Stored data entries

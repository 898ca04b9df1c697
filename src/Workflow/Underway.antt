-- ===== src/Workflow/Underway.antt =====
-- agent_control/workflow/scheduler.py: what a round of `run` keeps when every executor succeeds.
use freaky_monkey.Base.{
  ℕ, ◌≤◌, ◌<◌, String, Bool, true, false, List, ◌≡◌, ap, sym, ◌∙◌, subst, arith, map, any, all, All,
  All-map_of,
}
use freaky_monkey.Base.Dict.{has_key}
use freaky_monkey.Workflow.Status.{is_cancelled, is_completed}
use freaky_monkey.Workflow.Model.{WorkflowStep, Workflow}
use freaky_monkey.Workflow.Locks.{IsConsistent}
use freaky_monkey.Workflow.Ready.{ok, data_ok, completed_ids}
use freaky_monkey.Workflow.Ranking.{Ranks, EveryDepKnown}
use freaky_monkey.Workflow.Run.{Environment, RunState}
use freaky_monkey.Workflow.Dispatch.{dispatch-Sends}
use freaky_monkey.Workflow.Rounds.{complete_all}
use freaky_monkey.Workflow.Alive.{IsAlive, visited, open_count}
use freaky_monkey.Workflow.Follows.{static, round-IsAlive}
use freaky_monkey.Workflow.Completes.{IsCooperative, succeeds-IsSettling}
use freaky_monkey.Workflow.Contexts.{data_ok-Within}
use freaky_monkey.Workflow.Carried.{All-Same, Same-EveryDepKnown, Same-Ranks}
use freaky_monkey.Workflow.Unlocked.{
  sent_of, sent_state, futures, IsFree, round_futures, marked-any,
}

-- What holds between the rounds: every node is COMPLETED or can still be scheduled, the graph has no
-- cycle and is known, no resource is locked, and nobody has cancelled.
pub record IsUnderway (rank : String → ℕ) (st : RunState) : Type 0 where
  pub alive : All IsAlive st.workflow.steps
  pub inputs : All (λ s. data_ok st.workflow.context s ≡ true) st.workflow.steps
  pub known : EveryDepKnown st.workflow.steps st.workflow.steps
  pub ranks : Ranks rank st.workflow.steps
  pub locks : IsConsistent st.locks
  pub free : IsFree st.locks
  pub cancel : st.workflow.cancel_requested ≡ false
  pub status : is_cancelled st.workflow.status ≡ false

data_ok-static :
    (w : Workflow) (s t : WorkflowStep)
    → static t ≡ static s
    → data_ok w.context s ≡ true
    → data_ok w.context t ≡ true
unfolding data_ok
data_ok-static w s t e h = subst (λ x. all (λ k. has_key k w.context) x.3 ≡ true) (sym e) h

abbrev pub scanned : RunState → List (WorkflowStep × Bool)
scanned st = map (visited (completed_ids st.workflow.steps)) st.workflow.steps

-- The submission loop and the futures of a round.
module _ (env : Environment) (coop : IsCooperative env) (max : ℕ) (rank : String → ℕ)
    (round : ℕ) where
  -- The futures of a round: fewer nodes are open, and all else holds as before.
  pub after_futures :
      (st : RunState)
      → IsUnderway rank st
      → 1 ≤ open_count st.workflow.steps
      → any (λ m. m.1) (scanned st) ≡ true
      → any (λ m. m.1) (sent_of max st (scanned st)) ≡ true
      → (st2 : RunState) × (complete_all env round
            (sent_state max st (scanned st))
            (env.arrival round (futures max st (scanned st)))
          ≡ ok st2)
        × IsUnderway rank st2
        × (open_count st2.workflow.steps < open_count st.workflow.steps)
  after_futures st h unfinished picked sent =
      let steps = st.workflow.steps in
      let (st2, e, done, finished, free) =
        round_futures is_completed env round max (scanned st) st (succeeds-IsSettling env coop)
          coop.arrives h.locks h.free in
      let (alive, same, fewer) =
        round-IsAlive (completed_ids steps) steps (sent_of max st (scanned st)) st2.workflow.steps
          h.alive (dispatch-Sends max 0 st.locks (scanned st)) done.steps finished in
      (
        st2,
        e,
        record {
          alive = alive;
          inputs =
              All-Same (λ s. data_ok st2.workflow.context s ≡ true) steps st2.workflow.steps
                (data_ok-static st2.workflow) same
                (All-map_of _ _ steps
                  (λ s k. data_ok-Within st.workflow.context st2.workflow.context s done.context k)
                  h.inputs);
          known = Same-EveryDepKnown steps st2.workflow.steps same h.known;
          ranks = Same-Ranks rank steps st2.workflow.steps same h.ranks;
          locks = done.locks;
          free = free;
          cancel = done.cancel ∙ h.cancel;
          status = ap is_cancelled done.status ∙ h.status;
        },
        omega (arith, fewer, marked-any (sent_of max st (scanned st)) sent),
      )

• [Description of the task]
Using the data above, show each line where "String" occurs.

• [Output below]
  ℕ, ◌≤◌, ◌<◌, String, Bool, true, false, List, ◌≡◌, ap, sym, ◌∙◌, subst, arith, map, any, all, All,
pub record IsUnderway (rank : String → ℕ) (st : RunState) : Type 0 where
module _ (env : Environment) (coop : IsCooperative env) (max : ℕ) (rank : String → ℕ)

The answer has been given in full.